The other familiar name was Salvatore Sciarrino, whose rare New York performances (including an opera based on Kafka) are testaments to understatement. One doesn’t have to know tone rows or structures to understand that his slightest nuances are the most meaningful.
This was true with Malinconia (no relation to the film Melancholia, which needed a full Wagnerian orchestra for its music). Here the composerr used only violin and viola. They whispered to each other, trod on each other’s notes, made musical motions to each other and backed away in an intriguing dialogue.
The other dialogue was Franco Donatoni’s Filli for piano and flute. Until the final measures, pianist Florian Müller played tiny clusters in the flute’s register, flautist Vera Fischer replying with little chirps of her own. The flute became more garrulous, the piano a bit more passive, the two instruments swirled around each other like moths (without a light for their centers), not quite bullying each other, but on the verge of aggression.
But Mr. Donatoni obviously is an ethical gentleman. This was discussion, not war.
The only other piece that was sheer delight was Celluloid by Johannes Maria Staud. The front of the stage was blocked by four music-holders, each holding several pages of music. Solo bassoonist Lorelei Dowling started at stage right and gradually moved to stage left. That Celluloid “story” thus was horizontal, but while we never learned the plot, the characters–characters enacted by dozens upon dozens of bassoon experimental sounds, ranging from the jazzy to the moribund–were fascinating. Any imaginative writer could take her characters and write a terrific story line.
Two of the pieces left me cold. Isang Yun was a pioneer, as the first major Korean composer, living in Germany, but his atonal Quartet sounded rather old-fashioned. A trio by Roman Haubenstock-Ramati was played beautifully (as was all the music), but I was sitting in front of the cellist, and his voice precluded hearing the ensemble as a whole.
The star of the evening, the charming young Polish composer-singer Agata Zubel, gave an interview with Bruce Hodges before the concert. But her music spoke (and sung) for itself.

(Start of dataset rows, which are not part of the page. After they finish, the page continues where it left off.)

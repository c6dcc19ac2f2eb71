-- ===== src/Server/Sessions/Roster.antt =====
-- The rest of GameLogic/ServerSessions.h: scores, the roster, grants of ownership, broadcasts and
-- parking.
use deepspace_outpost_dx.Base.{
  ltb, ◌==◌, if◌then◌else◌, ℕ, Bool, true, false, not, ◌||◌, Option, none, some, List, [], ◌∷◌,
}
use deepspace_outpost_dx.Base.Int.{ℤ, pos, ◌+ℤ◌}
use deepspace_outpost_dx.Messages.{Value}
use deepspace_outpost_dx.Messages.Defs.{Message}
use deepspace_outpost_dx.Messages.Defs.Player.{player_info}
use deepspace_outpost_dx.Ecs.Registry.{EntityId, Registry, is_valid, add, try_get}
use deepspace_outpost_dx.Ecs.Registry
use deepspace_outpost_dx.Ecs.Ownership
use deepspace_outpost_dx.Server.Limit.{since}
use deepspace_outpost_dx.Server.Sessions.{Session, is_live, Sessions}
use deepspace_outpost_dx.Server.Sessions.Hello.{tell, Ship}

-- The first session whose entity has the index gets the score.
unfoldable pub score_first : ℕ → ℤ → List (ℕ × Session) → Bool × List (ℕ × Session)
score_first index delta [] = (false, [])
score_first index delta ((k, s) ∷ es) =
    let (found, left) = score_first index delta es in
    if s.entity.index == index
    then (true, (k, record s { score = s.score +ℤ delta }) ∷ es)
    else (found, (k, s) ∷ left)

unfoldable pub add_score : ℕ → ℤ → Sessions → Bool × Sessions
add_score index delta st =
    let (found, left) = score_first index delta st.table.sessions in
    (found, record st { table = record st.table { sessions = left } })

unfoldable pub rtt_for_entity : ℕ → List (ℕ × Session) → ℕ
rtt_for_entity index [] = 0
rtt_for_entity index ((k, s) ∷ es) =
    let rest = rtt_for_entity index es in if s.entity.index == index then s.rtt_ms else rest

unfoldable pub tell_each : (m : Message) → Value m.fields → List (ℕ × Session) → List (ℕ × Session)
tell_each m v [] = []
tell_each m v ((k, s) ∷ es) = (k, tell m v s) ∷ tell_each m v es

unfoldable pub broadcast : (m : Message) → Value m.fields → Sessions → Sessions
broadcast m v st = record st {
  table = record st.table { sessions = tell_each m v st.table.sessions };
}

abbrev pub PlayerInfo : Type 0
PlayerInfo = Value player_info.fields

-- `wanted` reads the level of a `Wanted` component, of the type `wanted_type`.
module _ {A : Type 0} (wanted_type : ℕ) (wanted : A → ℤ) where
  abbrev level_or_zero : Option A → ℤ
  level_or_zero none = pos 0
  level_or_zero (some w) = wanted w

  unfoldable pub build_player_info : Registry A → Session → Option PlayerInfo
  build_player_info world s =
      let level = level_or_zero (try_get wanted_type s.entity world) in
      if is_valid s.entity world
      then some (s.player_id, (s.entity.index, (s.name, (level, tt))))
      else none

  abbrev keep_some : Option PlayerInfo → List PlayerInfo → List PlayerInfo
  keep_some none infos = infos
  keep_some (some i) infos = i ∷ infos

  unfoldable pub roster : Registry A → List (ℕ × Session) → List PlayerInfo
  roster world [] = []
  roster world ((k, s) ∷ es) = keep_some (build_player_info world s) (roster world es)

  unfoldable pub player_info_for : Registry A → ℕ → List (ℕ × Session) → Option PlayerInfo
  player_info_for world index [] = none
  player_info_for world index ((k, s) ∷ es) =
      let rest = player_info_for world index es in
      if s.entity.index == index then build_player_info world s else rest

unfoldable pub grant_ownership :
    {A : Type 0} → Ship A → ℕ → EntityId → Sessions → Registry A → Sessions × Registry A
grant_ownership ship player_id e st world =
    if player_id == 0 || not (is_valid e world) then (st, world) else (
      record st { ownership = Ownership.add player_id e st.ownership },
      Registry.add ship.owner_type e (ship.owner player_id) world,
    )

-- The neutral intent replaces the one that the ship has, if it has one.
abbrev neutral_if : {A : Type 0} → Option A → ℕ → A → EntityId → Registry A → Registry A
neutral_if none t v e world = world
neutral_if (some i) t v e world = Registry.add t e v world

unfoldable pub safe_park_silent :
    {A : Type 0} → ℕ → A → ℕ → ℕ → List (ℕ × Session) → Registry A → Registry A
safe_park_silent intent_type neutral tick park_after [] world = world
safe_park_silent intent_type neutral tick park_after ((k, s) ∷ es) world =
    let parked =
      neutral_if (try_get intent_type s.entity world) intent_type neutral s.entity world in
    let still = not (is_live s) || ltb (since tick s.last_seen_tick) park_after in
    safe_park_silent intent_type neutral tick park_after es (if still then world else parked)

What is the word, commissioned by Klangforum Wien and the Adam Mickiewicz Institute for the Tenth Anniversary of ACFNY, is based on a poem by Samuel Beckett, and the “word” was “folly”. One would think that Beckett’s words speak for themselves, for he dissected, amputated, and lobotomized the word in his little ditty. But his music was as palpable as that of his mentor, James Joyce. Obviously composers, from Berio to Feldman have been drawn to him. (A recent biography I read of Beckett mentioned that his own taste swung to Chopin and Beethoven, but never mind...)
Ms. Zubel’s ensemble was part of her own voice, which didn’t exactly sing, but uttered and, in Beckett style cut up the words in different registers. The vocals and instruments (mainly flute and piano) were part of her voice. The ten minutes did not enlighten one on Beckett or even words. But it was a likeable musical diversion for which one could relax, query and enjoy.